■ **TASK DATA**:
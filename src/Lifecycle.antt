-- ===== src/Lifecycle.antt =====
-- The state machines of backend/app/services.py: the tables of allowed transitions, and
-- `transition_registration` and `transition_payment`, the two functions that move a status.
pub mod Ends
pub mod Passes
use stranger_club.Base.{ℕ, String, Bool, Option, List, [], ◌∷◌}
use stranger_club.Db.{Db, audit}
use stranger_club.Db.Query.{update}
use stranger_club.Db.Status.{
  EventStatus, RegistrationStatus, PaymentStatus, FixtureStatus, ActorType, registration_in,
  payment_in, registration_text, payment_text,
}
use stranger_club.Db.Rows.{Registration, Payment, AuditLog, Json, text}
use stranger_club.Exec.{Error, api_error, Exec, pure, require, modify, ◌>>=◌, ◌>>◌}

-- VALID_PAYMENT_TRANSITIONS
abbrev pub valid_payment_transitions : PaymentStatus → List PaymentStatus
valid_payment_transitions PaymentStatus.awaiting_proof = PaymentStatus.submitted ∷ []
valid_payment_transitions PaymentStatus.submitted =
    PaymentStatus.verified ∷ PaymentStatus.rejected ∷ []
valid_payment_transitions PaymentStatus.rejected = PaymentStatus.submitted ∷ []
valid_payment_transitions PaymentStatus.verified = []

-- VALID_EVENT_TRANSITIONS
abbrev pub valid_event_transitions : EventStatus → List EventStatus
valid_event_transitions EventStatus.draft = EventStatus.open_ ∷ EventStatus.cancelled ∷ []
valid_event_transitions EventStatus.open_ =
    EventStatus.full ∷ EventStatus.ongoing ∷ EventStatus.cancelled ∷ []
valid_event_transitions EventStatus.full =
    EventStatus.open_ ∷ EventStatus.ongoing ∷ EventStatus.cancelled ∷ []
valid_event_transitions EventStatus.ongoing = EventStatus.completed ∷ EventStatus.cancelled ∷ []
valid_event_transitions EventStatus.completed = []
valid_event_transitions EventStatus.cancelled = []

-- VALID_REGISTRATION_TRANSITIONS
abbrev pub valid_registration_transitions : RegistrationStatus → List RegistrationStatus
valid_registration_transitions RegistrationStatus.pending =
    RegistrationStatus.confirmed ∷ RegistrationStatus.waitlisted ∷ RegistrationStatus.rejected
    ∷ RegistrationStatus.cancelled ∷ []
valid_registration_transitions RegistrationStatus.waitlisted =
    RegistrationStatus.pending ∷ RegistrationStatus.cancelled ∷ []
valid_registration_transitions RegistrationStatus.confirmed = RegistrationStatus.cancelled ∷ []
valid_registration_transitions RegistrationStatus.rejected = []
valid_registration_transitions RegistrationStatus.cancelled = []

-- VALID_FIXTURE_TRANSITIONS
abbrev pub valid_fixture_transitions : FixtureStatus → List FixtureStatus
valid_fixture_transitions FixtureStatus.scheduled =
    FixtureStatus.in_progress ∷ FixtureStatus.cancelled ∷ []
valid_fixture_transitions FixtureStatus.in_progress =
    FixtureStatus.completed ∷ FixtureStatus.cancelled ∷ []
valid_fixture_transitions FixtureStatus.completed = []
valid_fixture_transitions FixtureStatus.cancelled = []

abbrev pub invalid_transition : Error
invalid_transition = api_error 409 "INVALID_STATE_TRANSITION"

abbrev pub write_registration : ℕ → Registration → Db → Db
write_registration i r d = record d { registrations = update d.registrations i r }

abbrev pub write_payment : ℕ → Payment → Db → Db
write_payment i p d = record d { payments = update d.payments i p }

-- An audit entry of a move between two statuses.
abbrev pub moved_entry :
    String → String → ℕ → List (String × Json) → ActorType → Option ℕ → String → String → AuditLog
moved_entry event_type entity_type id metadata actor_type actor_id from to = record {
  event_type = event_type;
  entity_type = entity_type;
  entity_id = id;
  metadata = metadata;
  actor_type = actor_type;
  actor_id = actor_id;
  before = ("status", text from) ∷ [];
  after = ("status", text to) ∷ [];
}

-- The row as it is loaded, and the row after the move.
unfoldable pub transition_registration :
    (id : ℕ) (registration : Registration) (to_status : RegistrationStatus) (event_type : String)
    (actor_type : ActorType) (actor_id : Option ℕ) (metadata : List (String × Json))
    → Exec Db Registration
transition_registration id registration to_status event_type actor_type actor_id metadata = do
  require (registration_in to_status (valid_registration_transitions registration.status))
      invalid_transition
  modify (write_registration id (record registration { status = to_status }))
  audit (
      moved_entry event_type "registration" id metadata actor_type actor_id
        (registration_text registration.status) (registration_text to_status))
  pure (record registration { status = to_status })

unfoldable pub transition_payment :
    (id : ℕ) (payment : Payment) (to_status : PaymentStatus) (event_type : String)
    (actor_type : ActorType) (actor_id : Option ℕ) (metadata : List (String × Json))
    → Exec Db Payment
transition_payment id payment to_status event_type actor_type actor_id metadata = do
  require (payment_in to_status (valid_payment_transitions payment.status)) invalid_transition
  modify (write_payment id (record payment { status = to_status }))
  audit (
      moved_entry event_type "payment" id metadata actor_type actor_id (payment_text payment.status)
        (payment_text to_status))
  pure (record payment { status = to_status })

■ **PROMPT**:
Each line between the start of the listing above and the line containing "RegistrationStatus.confirmed = RegistrationStatus.cancelled ∷ []", with both ends counted, is to be set down unchanged.

■ **SOLUTION TO THIS TASK**:
filename src/Lifecycle.antt
-- ===== src/Lifecycle.antt =====
-- The state machines of backend/app/services.py: the tables of allowed transitions, and
-- `transition_registration` and `transition_payment`, the two functions that move a status.
pub mod Ends
pub mod Passes
use stranger_club.Base.{ℕ, String, Bool, Option, List, [], ◌∷◌}
use stranger_club.Db.{Db, audit}
use stranger_club.Db.Query.{update}
use stranger_club.Db.Status.{
  EventStatus, RegistrationStatus, PaymentStatus, FixtureStatus, ActorType, registration_in,
  payment_in, registration_text, payment_text,
}
use stranger_club.Db.Rows.{Registration, Payment, AuditLog, Json, text}
use stranger_club.Exec.{Error, api_error, Exec, pure, require, modify, ◌>>=◌, ◌>>◌}

-- VALID_PAYMENT_TRANSITIONS
abbrev pub valid_payment_transitions : PaymentStatus → List PaymentStatus
valid_payment_transitions PaymentStatus.awaiting_proof = PaymentStatus.submitted ∷ []
valid_payment_transitions PaymentStatus.submitted =
    PaymentStatus.verified ∷ PaymentStatus.rejected ∷ []
valid_payment_transitions PaymentStatus.rejected = PaymentStatus.submitted ∷ []
valid_payment_transitions PaymentStatus.verified = []

-- VALID_EVENT_TRANSITIONS
abbrev pub valid_event_transitions : EventStatus → List EventStatus
valid_event_transitions EventStatus.draft = EventStatus.open_ ∷ EventStatus.cancelled ∷ []
valid_event_transitions EventStatus.open_ =
    EventStatus.full ∷ EventStatus.ongoing ∷ EventStatus.cancelled ∷ []
valid_event_transitions EventStatus.full =
    EventStatus.open_ ∷ EventStatus.ongoing ∷ EventStatus.cancelled ∷ []
valid_event_transitions EventStatus.ongoing = EventStatus.completed ∷ EventStatus.cancelled ∷ []
valid_event_transitions EventStatus.completed = []
valid_event_transitions EventStatus.cancelled = []

-- VALID_REGISTRATION_TRANSITIONS
abbrev pub valid_registration_transitions : RegistrationStatus → List RegistrationStatus
valid_registration_transitions RegistrationStatus.pending =
    RegistrationStatus.confirmed ∷ RegistrationStatus.waitlisted ∷ RegistrationStatus.rejected
    ∷ RegistrationStatus.cancelled ∷ []
valid_registration_transitions RegistrationStatus.waitlisted =
    RegistrationStatus.pending ∷ RegistrationStatus.cancelled ∷ []
valid_registration_transitions RegistrationStatus.confirmed = RegistrationStatus.cancelled ∷ []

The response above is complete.